“We have more hacking experts than any other company in the sector and they are diverse in their backgrounds – young and old, men and women, technical and non-technical people. This makes us better at finding vulnerabilities than the limited number of in-house experts working for client companies. And it is hard for humans to find flaws in the systems they have built; creative outsiders are more likely to find the “unknown unknowns”– vulnerabilities that no-one else has spotted.”
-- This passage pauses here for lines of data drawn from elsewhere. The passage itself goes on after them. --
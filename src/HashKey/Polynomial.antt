-- ===== src/HashKey/Polynomial.antt =====
-- Three of the hash functions as polynomials, and the range of all eight.
use poplar.Prelude.{ℕ, ◌+◌, ◌*◌, ◌%◌, ◌^◌, ◌<◌, ◌≡◌, refl, ◌∙◌, List, [], ◌∷◌, arith}
use poplar.Prelude.Bits.{bit_and_mask}
use poplar.HashKey.{
  promote, masked, sdbm_loop, sdbm_hash, rs_hash, js_hash, pjw_hash, elf_hash, bkdr_loop, bkdr_hash,
  djb_loop, djb_hash, ap_hash,
}

-- The value at `m` of the polynomial whose coefficients are `h` and the chars, by Horner's rule and
-- without wrap-around.
unfoldable pub horner : ℕ → ℕ → List ℕ → ℕ
horner m h [] = h
horner m h (c ∷ str) = horner m (h * m + promote c) str

masked_lem : (hash : ℕ) → masked hash ≡ hash % 2 ^ 31
masked_lem hash = bit_and_mask 31 hash

bkdr_loop_lem :
    (str : List ℕ) (h w : ℕ) → w ≡ h % 2 ^ 32 → bkdr_loop w str ≡ horner 131 h str % 2 ^ 32
unfolding bkdr_loop horner
bkdr_loop_lem [] h w e = e
bkdr_loop_lem (c ∷ str) h w e = bkdr_loop_lem str (h * 131 + promote c) _ (omega arith)

djb_loop_lem : (str : List ℕ) (h w : ℕ) → w ≡ h % 2 ^ 32 → djb_loop w str ≡ horner 33 h str % 2 ^ 32
unfolding djb_loop horner
djb_loop_lem [] h w e = e
djb_loop_lem (c ∷ str) h w e = djb_loop_lem str (h * 33 + promote c) _ (omega arith)

sdbm_loop_lem :
    (str : List ℕ) (h w : ℕ) → w ≡ h % 2 ^ 32 → sdbm_loop w str ≡ horner 65599 h str % 2 ^ 32
unfolding sdbm_loop horner
sdbm_loop_lem [] h w e = e
sdbm_loop_lem (c ∷ str) h w e = sdbm_loop_lem str (h * 65599 + promote c) _ (omega arith)

low_bits : (x w : ℕ) → w ≡ x % 2 ^ 32 → masked w ≡ x % 2 ^ 31
low_bits x w e = masked_lem w ∙ omega arith

-- For every string, BKDRHash, DJBHash and SDBMHash are the polynomials in the chars at 131, at 33
-- with 5381 in front, and at 65599, taken modulo 2 ^ 31, so that the wrap-around of
-- the loops loses nothing that the last mask keeps.
pub hash-horner :
    (str : List ℕ)
    → (bkdr_hash str ≡ horner 131 0 str % 2 ^ 31)
      × (djb_hash str ≡ horner 33 5381 str % 2 ^ 31)
      × (sdbm_hash str ≡ horner 65599 0 str % 2 ^ 31)
unfolding bkdr_hash djb_hash sdbm_hash
hash-horner str = (
  low_bits (horner 131 0 str) _ (bkdr_loop_lem str 0 0 refl),
  low_bits (horner 33 5381 str) _ (djb_loop_lem str 5381 5381 refl),
  low_bits (horner 65599 0 str) _ (sdbm_loop_lem str 0 0 refl),
)

masked-lt : (hash : ℕ) → masked hash < 2 ^ 31
masked-lt hash = omega (arith, masked_lem hash)

-- The eight hash functions of any string are below 2 ^ 31.
hash-lt :
    (str : List ℕ)
    → (sdbm_hash str < 2 ^ 31)
      × (rs_hash str < 2 ^ 31)
      × (js_hash str < 2 ^ 31)
      × (pjw_hash str < 2 ^ 31)
      × (elf_hash str < 2 ^ 31)
      × (bkdr_hash str < 2 ^ 31)
      × (djb_hash str < 2 ^ 31)
      × (ap_hash str < 2 ^ 31)
unfolding sdbm_hash rs_hash js_hash pjw_hash elf_hash bkdr_hash djb_hash ap_hash
hash-lt str = (
  masked-lt _,
  masked-lt _,
  masked-lt _,
  masked-lt _,
  masked-lt _,
  masked-lt _,
  masked-lt _,
  masked-lt _,
)
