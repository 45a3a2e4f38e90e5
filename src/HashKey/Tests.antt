-- ===== src/HashKey/Tests.antt =====
-- "abc" and a string with a char above 127.
use poplar.Prelude.{ℕ, ◌≡◌, ◌%◌, ◌^◌, refl, List, [], ◌∷◌, ◌++◌, ◌*◌, ◌+◌}
use poplar.HashKey.{sdbm_hash, pjw_hash, elf_hash, bkdr_hash, djb_hash}
use poplar.HashKey.Polynomial.{horner, hash-horner}

abbrev letters : List ℕ
letters = 97 ∷ 98 ∷ 99 ∷ []

bkdr_letters : bkdr_hash letters ≡ 97 * 131 * 131 + 98 * 131 + 99
unfolding bkdr_hash
bkdr_letters = refl

elf-pjw :
    elf_hash (250 ∷ letters ++ (letters ++ letters))
    ≡ pjw_hash (250 ∷ letters ++ (letters ++ letters))
unfolding elf_hash pjw_hash
elf-pjw = refl

hash-horner_example :
    (bkdr_hash letters ≡ horner 131 0 letters % 2 ^ 31)
    × (djb_hash letters ≡ horner 33 5381 letters % 2 ^ 31)
    × (sdbm_hash letters ≡ horner 65599 0 letters % 2 ^ 31)
hash-horner_example = hash-horner letters
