-- ===== src/Util.antt =====
-- common/util.c: case-blind comparison, hexadecimal digits and base64. A char is its byte.
pub mod Base64
pub mod Characters
pub mod Compare
mod Tests
use poplar.Prelude.{
  ℕ, zero, suc, ◌+◌, ◌-◌, ◌*◌, ◌/◌, ◌%◌, ◌^◌, Bool, true, false, ◌&&◌, ◌||◌, List, [], ◌∷◌, ◌++◌,
  get_or, bit_and, bit_or, ltb, leb, if◌then◌else◌,
}
use poplar.Prelude.Int.{ℤ, pos, negsuc}
use poplar.Run.{Run, ok, fault, out_of_bounds, int_overflow, ◌>>=◌}

unfoldable pub lwr : ℕ → ℕ
lwr a = if leb 65 a && leb a 90 then bit_or a 0x20 else a

-- `a < b` of two chars, which are signed.
abbrev pub char_lt : ℕ → ℕ → Bool
char_lt a b = ltb ((a + 128) % 256) ((b + 128) % 256)

-- The loop, from the place of the list on.
unfoldable pub lwrcmp : List ℕ → List ℕ → ℕ → Run ℤ
unfolding lwr
lwrcmp xs ys zero = ok (pos 0)
lwrcmp [] ys (suc n) = fault out_of_bounds
lwrcmp (a ∷ xs) [] (suc n) = fault out_of_bounds
lwrcmp (a ∷ xs) (b ∷ ys) (suc n) =
    let rest = lwrcmp xs ys n in
    if char_lt (lwr a) (lwr b)
    then ok (negsuc 0)
    else if char_lt (lwr b) (lwr a)
    then ok (pos 1)
    else rest

unfoldable pub i2h : ℤ → ℕ
i2h (negsuc n) = 63
i2h (pos i) = if leb 16 i then 63 else if ltb i 10 then i + 48 else i - 10 + 65

-- "ABCDEFGHIJKLMNOPQRSTUVWXYZabcdefghijklmnopqrstuvwxyz0123456789+/"
abbrev pub b64 : List ℕ
b64 =
    65 ∷ 66 ∷ 67 ∷ 68 ∷ 69 ∷ 70 ∷ 71 ∷ 72 ∷ 73 ∷ 74 ∷ 75 ∷ 76 ∷ 77 ∷ 78 ∷ 79 ∷ 80 ∷ 81 ∷ 82 ∷ 83
    ∷ 84 ∷ 85 ∷ 86 ∷ 87 ∷ 88 ∷ 89 ∷ 90 ∷ 97 ∷ 98 ∷ 99 ∷ 100 ∷ 101 ∷ 102 ∷ 103 ∷ 104 ∷ 105 ∷ 106
    ∷ 107 ∷ 108 ∷ 109 ∷ 110 ∷ 111 ∷ 112 ∷ 113 ∷ 114 ∷ 115 ∷ 116 ∷ 117 ∷ 118 ∷ 119 ∷ 120 ∷ 121 ∷ 122
    ∷ 48 ∷ 49 ∷ 50 ∷ 51 ∷ 52 ∷ 53 ∷ 54 ∷ 55 ∷ 56 ∷ 57 ∷ 43 ∷ 47 ∷ []

-- The same with "-" for "/".
abbrev pub b64fss : List ℕ
b64fss =
    65 ∷ 66 ∷ 67 ∷ 68 ∷ 69 ∷ 70 ∷ 71 ∷ 72 ∷ 73 ∷ 74 ∷ 75 ∷ 76 ∷ 77 ∷ 78 ∷ 79 ∷ 80 ∷ 81 ∷ 82 ∷ 83
    ∷ 84 ∷ 85 ∷ 86 ∷ 87 ∷ 88 ∷ 89 ∷ 90 ∷ 97 ∷ 98 ∷ 99 ∷ 100 ∷ 101 ∷ 102 ∷ 103 ∷ 104 ∷ 105 ∷ 106
    ∷ 107 ∷ 108 ∷ 109 ∷ 110 ∷ 111 ∷ 112 ∷ 113 ∷ 114 ∷ 115 ∷ 116 ∷ 117 ∷ 118 ∷ 119 ∷ 120 ∷ 121 ∷ 122
    ∷ 48 ∷ 49 ∷ 50 ∷ 51 ∷ 52 ∷ 53 ∷ 54 ∷ 55 ∷ 56 ∷ 57 ∷ 43 ∷ 45 ∷ []

-- One round of the loop of b64cpy: `more` is `i < n - 1` and `most` is `i < n - 2`. A byte shifted
-- left is cut by the mask that follows.
unfoldable pub b64_round : List ℕ → ℕ → ℕ → ℕ → Bool → Bool → List ℕ
b64_round b a0 a1 a2 more most =
    get_or b (bit_and (a0 / 4) 0x3f) 0
    ∷ get_or b (bit_or (bit_and (a0 * 16) 0x30) (bit_and (a1 / 16) 0x0f)) 0
    ∷ (if more then get_or b (bit_or (bit_and (a1 * 4) 0x3c) (bit_and (a2 / 64) 0x03)) 0 else 61)
    ∷ (if most then get_or b (bit_and a2 0x3f) 0 else 61)
    ∷ []

-- The four `j++` of a round, on an int.
unfoldable pub four_on : ℕ → Run ℕ
four_on j = if ltb (j + 4) (2 ^ 31) then ok (j + 4) else fault int_overflow

-- The loop, from `j` on: the chars that it stores, and the `j` that it ends with. `i` grows by three
-- where `j` grows by four, and does not overflow before it.
unfoldable pub b64_loop : List ℕ → ℕ → List ℕ → Run (List ℕ × ℕ)
unfolding b64_round four_on
b64_loop b j [] = ok ([], j)
b64_loop b j (a0 ∷ []) = do k ← four_on j; ok (b64_round b a0 0 0 false false, k)
b64_loop b j (a0 ∷ a1 ∷ []) = do k ← four_on j; ok (b64_round b a0 a1 0 true false, k)
b64_loop b j (a0 ∷ a1 ∷ a2 ∷ src) = do
  k ← four_on j
  (rest, end) ← b64_loop b k src
  ok (b64_round b a0 a1 a2 true true ++ rest, end)

-- `src` is the `n` bytes; the result is the bytes stored from dst[0] on, with the number returned.
unfoldable pub b64cpy : List ℕ → Bool → Run (List ℕ × ℕ)
unfolding b64_loop
b64cpy src fss = b64_loop (if fss then b64fss else b64) 0 src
HackerOne’s typical hacker is a young man under 34 with expertise in computer sciences, for whom detecting online flaws is a hobby at college or a spare-time job. They have a cunning ability to think bad like a criminal hacker, says Mårten Mickos, but then do good by reporting the vulnerabilities to the owner of the system – the potential victim. They find chasing vulnerabilities thrilling and they can make a lot of money if they’re good – one of HackerOne’s bug-hunters made over half a million dollars on the HackerOne platform alone.
“I see us as a bit like the Boy Scouts, whose founder created the organisation as a way of giving idle young people something to do and contributing to society. Often our hackers are super-intelligent teenagers who don’t know how to communicate with people and may be difficult to deal with. We reach out to them, giving them a meaningful role in society and bringing out the best in them – otherwise they might get up to all sorts of mischief.”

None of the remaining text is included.